**Description of the task**: Report the tally of lines featuring the word "keeps" in the entries below, without anything else.

..........

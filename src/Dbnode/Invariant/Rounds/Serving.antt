-- ===== src/Dbnode/Invariant/Rounds/Serving.antt =====
-- The handlers of requests, which change no member and no row, keep the invariant.
use part_ii_project.Base.{
  ltb, leb, ◌==◌, if_holds, lookup, increment, is_positive, if-Safe, option-Safe, >>=-Safe,
  log_fatal-Safe, nil_dereference-Safe, Safe, returns, Bytes, bytes_equal, ℕ, ◌&&◌, not, Option,
  none, some, nat_key,
}
use part_ii_project.Datastore.{Store}
use part_ii_project.Packet.{
  Message, same_type, client_strong_write_request, node_background_write_response,
}
use part_ii_project.Dbnode.State.{Dbnode, same_mode, processing_write}
use part_ii_project.Dbnode.Local.{process_local_read, process_local_write, is_busy}
use part_ii_project.Dbnode.Handlers.{
  handle_unlock_req, handle_get_req, handle_put_req, handle_timestamp_req, may_read,
  commit_uncommited, release_lock, get_or_nil,
}
use part_ii_project.Dbnode.Background.{
  handle_background_write_req, handle_background_write_res, store_newer, store_refusal,
  daemon_response,
}
use part_ii_project.Dbnode.Invariant.{IsWf}
use part_ii_project.Dbnode.Coordinator.{encode_timestamp_val}
use part_ii_project.Dbnode.Propagater.{Propagater, response, respond, has_node, Transaction}
use part_ii_project.Dbnode.Invariant.Rounds.Writing.{decode-Safe}

response-Safe : (p : Propagater) (m : Message) → Safe (λ q. Unit {0}) (response p m)
unfolding response
response-Safe p m =
    if-Safe (not (same_type m.demux_key node_background_write_response)) (λ _. log_fatal-Safe)
      λ _. respond-Safe (lookup m.id p.transactions)
  where
    respond-Safe : (t : Option Transaction) → Safe (λ q. Unit {0}) (respond p m t)
    respond-Safe none = returns tt
    respond-Safe (some t) =
        if-Safe m.ok
          (λ _. if-Safe (not (has_node t.nodes m.src)) (λ _. returns tt) (λ _. returns tt))
          λ _. if-Safe (leb m.timestamp t.timestamp) (λ _. log_fatal-Safe) (λ _. returns tt)

module _ {S E : Type 0} (st : Store S) where
  release_lock-IsWf : (n : Dbnode S E) (m : Message) → IsWf n → IsWf (release_lock st n m)
  unfolding release_lock
  release_lock-IsWf n m w =
      if_holds IsWf (n.current_txid == m.id)
        (record { self = w.self; rows = w.rows; nodes = w.nodes; members = λ e. cc }) w

  commit_uncommited-IsWf : (n : Dbnode S E) (m : Message) → IsWf n → IsWf (commit_uncommited st n m)
  unfolding commit_uncommited
  commit_uncommited-IsWf n m w =
      if_holds IsWf (n.current_txid == m.id && (is_positive n.uncommited_txid && m.ok)) w w

  pub handle_unlock_req-IsWf :
      (n : Dbnode S E) (m : Message) → IsWf n → IsWf (handle_unlock_req st n m)
  unfolding handle_unlock_req
  handle_unlock_req-IsWf n m w =
      release_lock-IsWf (commit_uncommited st n m) m (commit_uncommited-IsWf n m w)

  pub handle_get_req-Safe :
      (n : Dbnode S E) (m : Message) → IsWf n → Safe IsWf (handle_get_req st n m)
  unfolding handle_get_req
  handle_get_req-Safe n m w =
      if-Safe (may_read st n m)
        (λ _.
          option-Safe (st.get n.store m.key) (λ _. returns w)
            λ v _. >>=-Safe (decode-Safe v) (λ r _ _. returns w))
        (λ _. returns w)

  pub handle_put_req-IsWf : (n : Dbnode S E) (m : Message) → IsWf n → IsWf (handle_put_req st n m)
  unfolding handle_put_req
  handle_put_req-IsWf n m w =
      if_holds IsWf (same_mode n.current_mode processing_write && n.current_txid == m.id)
        (if_holds IsWf
          (is_positive (st.put n.store m.key (encode_timestamp_val m.timestamp m.value)).1) w w)
        w

  pub handle_timestamp_req-Safe :
      (n : Dbnode S E) (m : Message) → IsWf n → Safe IsWf (handle_timestamp_req st n m)
  unfolding handle_timestamp_req
  handle_timestamp_req-Safe n m w =
      if-Safe (same_mode n.current_mode processing_write && n.current_txid == m.id)
        (λ _. >>=-Safe (decode-Safe (get_or_nil st n m.key)) (λ r _ _. returns w)) (λ _. returns w)

  store_newer-Safe :
      (n : Dbnode S E) (m : Message) (t : ℕ) (v : Bytes)
      → IsWf n
      → Safe IsWf (store_newer st n m t v)
  unfolding store_newer
  store_newer-Safe n m t v w =
      if-Safe (m.timestamp == t && not (bytes_equal v m.value)) (λ _. log_fatal-Safe)
        (λ _. returns (if_holds IsWf (ltb t m.timestamp) w w))

  pub handle_background_write_req-Safe :
      (n : Dbnode S E) (m : Message) → IsWf n → Safe IsWf (handle_background_write_req st n m)
  unfolding handle_background_write_req
  handle_background_write_req-Safe n m w =
      >>=-Safe (decode-Safe (get_or_nil st n m.key))
        λ r _ _. >>=-Safe (store_newer-Safe n m r.0 r.1 w) λ b _ w1. returns w1

  daemon_response-Safe :
      (n : Dbnode S E) (m : Message) → IsWf n → Safe IsWf (daemon_response st n m)
  unfolding daemon_response
  daemon_response-Safe n m w =
      option-Safe n.background_write_daemon (λ _. nil_dereference-Safe)
        λ p _. >>=-Safe {Q = λ p. Unit {0}} (response-Safe p m) (λ p' _ _. returns w)

  pub handle_background_write_res-Safe :
      (n : Dbnode S E) (m : Message) → IsWf n → Safe IsWf (handle_background_write_res st n m)
  unfolding handle_background_write_res store_refusal
  handle_background_write_res-Safe n m w = >>=-Safe (daemon_response-Safe n m w) λ b _ w1.
      if-Safe (not m.ok)
        (λ _.
          >>=-Safe (decode-Safe (get_or_nil st b m.key)) λ r _ _. store_newer-Safe b m r.0 r.1 w1)
        (λ _. returns w1)

  pub process_local_read-Safe :
      (n : Dbnode S E) (m : Message) → IsWf n → Safe IsWf (process_local_read st n m)
  unfolding process_local_read
  process_local_read-Safe n m w =
      if-Safe (is_busy n) (λ _. returns w)
        λ _.
          option-Safe (st.get n.store m.key) (λ _. returns w)
            λ v _. >>=-Safe (decode-Safe v) (λ r _ _. returns w)

  pub process_local_write-Safe :
      (n : Dbnode S E) (m : Message) → IsWf n → Safe IsWf (process_local_write st n m)
  unfolding process_local_write
  process_local_write-Safe n m w =
      if-Safe (is_busy n) (λ _. returns w)
        λ _.
          option-Safe (st.get n.store m.key) (λ _. returns w)
            λ v _. >>=-Safe (decode-Safe v) λ r _ _.
              if-Safe
                (not (increment r.0 == m.timestamp)
                  && same_type m.demux_key client_strong_write_request)
                (λ _. returns w) (λ _. returns w)
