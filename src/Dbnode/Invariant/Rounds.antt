-- ===== src/Dbnode/Invariant/Rounds.antt =====
-- The invariant through the steps of a transaction, the handlers, and each round of the main loop.
mod Writing
mod Reading
mod Handling
mod Serving
use part_ii_project.Base.{
  ◌==◌, if_holds, if-Safe, >>=-Safe, log_fatal-Safe, out_of_range-Safe, Safe, returns, ℕ, ◌≤◌, ◌≡◌,
  refl, Bool, true, false, ◌&&◌, ◌||◌, not, List, [], ◌∷◌,
}
use part_ii_project.Datastore.{Store}
use part_ii_project.Elector.{Elector}
use part_ii_project.Packet.{
  Message, Messagetype, same_type, client_read_request, client_write_request,
  client_strong_write_request, node_lock_request, node_lock_request_no_timeout, node_lock_response,
  node_unlock_request, node_unlock_ack, node_get_request, node_get_response, node_put_request,
  node_put_response, node_timestamp_request, node_background_write_request,
  node_background_write_response, internal_timer_signal, election_elect, election_coordinator,
  election_ack, control_fail, control_recover,
}
use part_ii_project.Repeater.{fail, recover}
use part_ii_project.Dbnode.State.{
  Dbnode, same_mode, idle, assembling_quorum, coordinating_write, coordinating_fast_read,
}
use part_ii_project.Dbnode.Startup.{fail_node, recover_node}
use part_ii_project.Dbnode.RequestQueue.{dequeue, is_empty, remove}
use part_ii_project.Dbnode.Requests.{
  start_request, start_at, take_request, allocate, queue_request, write_cell, is_unlocked,
  clean_unlock_txids,
}
use part_ii_project.Dbnode.Loop.{
  times_out, tick, client_write, client_read, election, dispatch, handle_message, on_incoming,
  is_client_request, on_timed_out,
}
use part_ii_project.Dbnode.Invariant.{IsWf, IsReady, IsReady-of-IsWf}
use part_ii_project.Dbnode.Invariant.Steps.{abort_processing-Safe, abort_processing-num, Bounded}
use Reading.{continue_processing-Safe}
use Handling.{
  handle_unlock_ack-IsWf, handle_lock_res-Safe, handle_get_res-Safe, handle_put_res-Safe,
}
use Serving.{
  handle_unlock_req-IsWf, handle_get_req-Safe, handle_put_req-IsWf, handle_timestamp_req-Safe,
  handle_background_write_req-Safe, handle_background_write_res-Safe, process_local_read-Safe,
  process_local_write-Safe,
}

-- The answers that a coordinator enters under their sender.
abbrev pub is_answer : Messagetype → Bool
is_answer node_lock_response = true
is_answer node_get_response = true
is_answer node_put_response = true
is_answer _ = false

module _ {S E : Type 0} (st : Store S) (perm : ℕ → List ℕ) where
  start_request-Safe :
      (t : Messagetype) (m : Message) (n : Dbnode S E)
      → Bounded perm
      → IsReady n
      → Safe IsWf (start_request st perm t m n)
  unfolding start_request
  start_request-Safe client_read_request m n a w =
      continue_processing-Safe st perm (record n { current_mode = coordinating_fast_read }) a w
        (λ e. cc)
  start_request-Safe client_write_request m n a w =
      continue_processing-Safe st perm (record n { current_mode = assembling_quorum }) a w (λ e. cc)
  start_request-Safe client_strong_write_request m n a w =
      continue_processing-Safe st perm (record n { current_mode = assembling_quorum }) a w (λ e. cc)
  start_request-Safe node_lock_request m n a w =
      returns (record { self = w.self; rows = w.rows; nodes = w.nodes; members = λ e. cc })
  start_request-Safe node_lock_request_no_timeout m n a w =
      returns (record { self = w.self; rows = w.rows; nodes = w.nodes; members = λ e. cc })
  start_request-Safe _ m n a w = log_fatal-Safe

  take_request-Safe :
      (current : ℕ) (n : Dbnode S E)
      → Bounded perm
      → IsWf n
      → Safe IsWf (take_request st perm current n)
  unfolding take_request start_at dequeue
  take_request-Safe current n a w =
      if-Safe (same_mode n.current_mode idle && not (is_empty n.lock_requests))
        (λ _. >>=-Safe {Q = λ r. Unit {0}} (dequeue-Safe n.lock_requests) λ r _ _.
          if-Safe (is_unlocked n (n.memory r.0).id) (λ _. returns w)
            (λ _.
              start_request-Safe (n.memory r.0).demux_key (n.memory r.0)
                (record n {
                  memory = write_cell n.memory current (n.memory r.0);
                  lock_requests = r.1;
                  current_txid = (n.memory r.0).id;
                  client_request = n.memory r.0;
                })
                a (IsReady-of-IsWf n w)))
        (λ _. returns w)
    where
      dequeue-Safe : (q : List ℕ) → Safe (λ r. Unit {0}) (dequeue q)
      dequeue-Safe [] = out_of_range-Safe
      dequeue-Safe (x ∷ q) = returns tt

module _ {S E : Type 0} (st : Store S) (el : Elector E) (perm next_perm : ℕ → List ℕ) where
  tick-Safe :
      (m : Message) (n : Dbnode S E)
      → IsWf n
      → Safe (λ b. IsWf b × (b.num_peers ≡ n.num_peers)) (tick st m n)
  unfolding tick
  tick-Safe m n w =
      if-Safe (same_type m.demux_key internal_timer_signal)
        (λ _.
          >>=-Safe
            (if-Safe (m.id == n.timeout_counter && times_out n.current_mode)
              (λ _. abort_processing-num st n w) (λ _. returns (w, refl)))
            λ b _ w1. returns w1)
        (λ _. returns (w, refl))

  fail_node-IsWf : (n : Dbnode S E) → IsWf n → IsWf (fail_node el n)
  unfolding fail_node fail
  fail_node-IsWf n w =
      if_holds IsWf
        (not (same_mode n.current_mode coordinating_write)
          && not (same_mode n.current_mode assembling_quorum))
        (record { self = w.self; rows = w.rows; nodes = tt; members = λ e. cc }) w

  client_write-Safe :
      (p : ℕ) (m : Message) (n : Dbnode S E) → IsWf n → Safe IsWf (client_write st el perm p m n)
  unfolding client_write queue_request
  client_write-Safe p m n w =
      if-Safe (n.write_quorum_size == 1) (λ _. process_local_write-Safe st n m w)
        λ _. if-Safe ((el.leader n.elector).1 == n.id) (λ _. returns w) (λ _. returns w)

  client_read-Safe :
      (p : ℕ) (m : Message) (n : Dbnode S E) → IsWf n → Safe IsWf (client_read st el perm p m n)
  unfolding client_read queue_request
  client_read-Safe p m n w =
      if-Safe (n.read_quorum_size == 1) (λ _. process_local_read-Safe st n m w) (λ _. returns w)

  dispatch-Safe :
      (t : Messagetype) (p : ℕ) (m : Message) (n : Dbnode S E)
      → Bounded perm
      → (is_answer t ≡ true → m.src ≤ n.num_peers)
      → IsWf n
      → Safe IsWf (dispatch st el perm t p m n)
  unfolding dispatch queue_request election
  dispatch-Safe client_write_request p m n a le w = client_write-Safe p m n w
  dispatch-Safe client_strong_write_request p m n a le w = client_write-Safe p m n w
  dispatch-Safe client_read_request p m n a le w = client_read-Safe p m n w
  dispatch-Safe node_lock_request p m n a le w = returns w
  dispatch-Safe node_lock_request_no_timeout p m n a le w = returns w
  dispatch-Safe node_lock_response p m n a le w = handle_lock_res-Safe st perm n m a (le refl) w
  dispatch-Safe node_unlock_request p m n a le w = returns (handle_unlock_req-IsWf st n m w)
  dispatch-Safe node_unlock_ack p m n a le w = returns (handle_unlock_ack-IsWf st perm n m w)
  dispatch-Safe node_get_request p m n a le w = handle_get_req-Safe st n m w
  dispatch-Safe node_get_response p m n a le w = handle_get_res-Safe st perm n m a (le refl) w
  dispatch-Safe node_put_request p m n a le w = returns (handle_put_req-IsWf st n m w)
  dispatch-Safe node_put_response p m n a le w = handle_put_res-Safe st perm n m a (le refl) w
  dispatch-Safe node_timestamp_request p m n a le w = handle_timestamp_req-Safe st n m w
  dispatch-Safe node_background_write_request p m n a le w =
      handle_background_write_req-Safe st n m w
  dispatch-Safe node_background_write_response p m n a le w =
      handle_background_write_res-Safe st n m w
  dispatch-Safe internal_timer_signal p m n a le w = returns w
  dispatch-Safe election_elect p m n a le w = returns w
  dispatch-Safe election_coordinator p m n a le w = returns w
  dispatch-Safe election_ack p m n a le w = returns w
  dispatch-Safe _ p m n a le w = log_fatal-Safe

  handle_message-Safe :
      (p : ℕ) (m : Message) (n : Dbnode S E)
      → Bounded perm
      → (is_answer m.demux_key ≡ true → m.src ≤ n.num_peers)
      → IsWf n
      → Safe IsWf (handle_message st el perm p m n)
  unfolding handle_message clean_unlock_txids
  handle_message-Safe p m n a le w = >>=-Safe (tick-Safe m n w) λ b _ h.
      dispatch-Safe m.demux_key p m _ a
        (λ e.
          if_holds (λ (c : Dbnode S E). m.src ≤ c.num_peers) cleans (rw h.1 (le e)) (rw h.1 (le e)))
        (if_holds IsWf cleans h.0 h.0)
    where
      cleans : Bool
      cleans = same_type m.demux_key election_elect

  -- A round of the main loop, in which an answer to a coordinator comes from a node of the system,
  -- keeps the invariant and never writes to a nil map: it ends with the invariant, or stops with
  -- another fault.
  pub on_incoming-Safe :
      (m : Message) (n : Dbnode S E)
      → Bounded perm
      → Bounded next_perm
      → (is_answer m.demux_key ≡ true → m.src ≤ n.num_peers)
      → IsWf n
      → Safe IsWf (on_incoming st el perm next_perm m n)
  unfolding on_incoming recover_node recover allocate
  on_incoming-Safe m n a a' le w =
      if-Safe (n.disabled || same_type m.demux_key control_recover)
        (λ _. returns (if_holds IsWf (n.disabled && same_type m.demux_key control_recover) w w))
        λ _.
          if-Safe (same_type m.demux_key control_fail) (λ _. returns (fail_node-IsWf n w))
            λ _.
              if-Safe (not (m.dest == n.id)) (λ _. log_fatal-Safe)
                λ _.
                  >>=-Safe (handle_message-Safe n.next_cell m (allocate n m) a le w)
                    λ b _ w1. take_request-Safe st next_perm n.next_cell b a' w1

module _ {S E : Type 0} (st : Store S) where
  -- The end of a request's time in the queue keeps the invariant and never writes to a nil map: it
  -- ends with the invariant, or stops with another fault.
  pub on_timed_out-Safe : (p : ℕ) (n : Dbnode S E) → IsWf n → Safe IsWf (on_timed_out st p n)
  unfolding on_timed_out
  on_timed_out-Safe p n w =
      if-Safe n.disabled (λ _. returns w)
        λ _.
          if-Safe (remove n.lock_requests p).1 (λ _. returns w)
            λ _.
              if-Safe
                ((n.memory p).id == n.current_txid && is_client_request (n.memory p).demux_key)
                (λ _. abort_processing-Safe st n w) (λ _. returns w)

..........

**Exercise result**: 2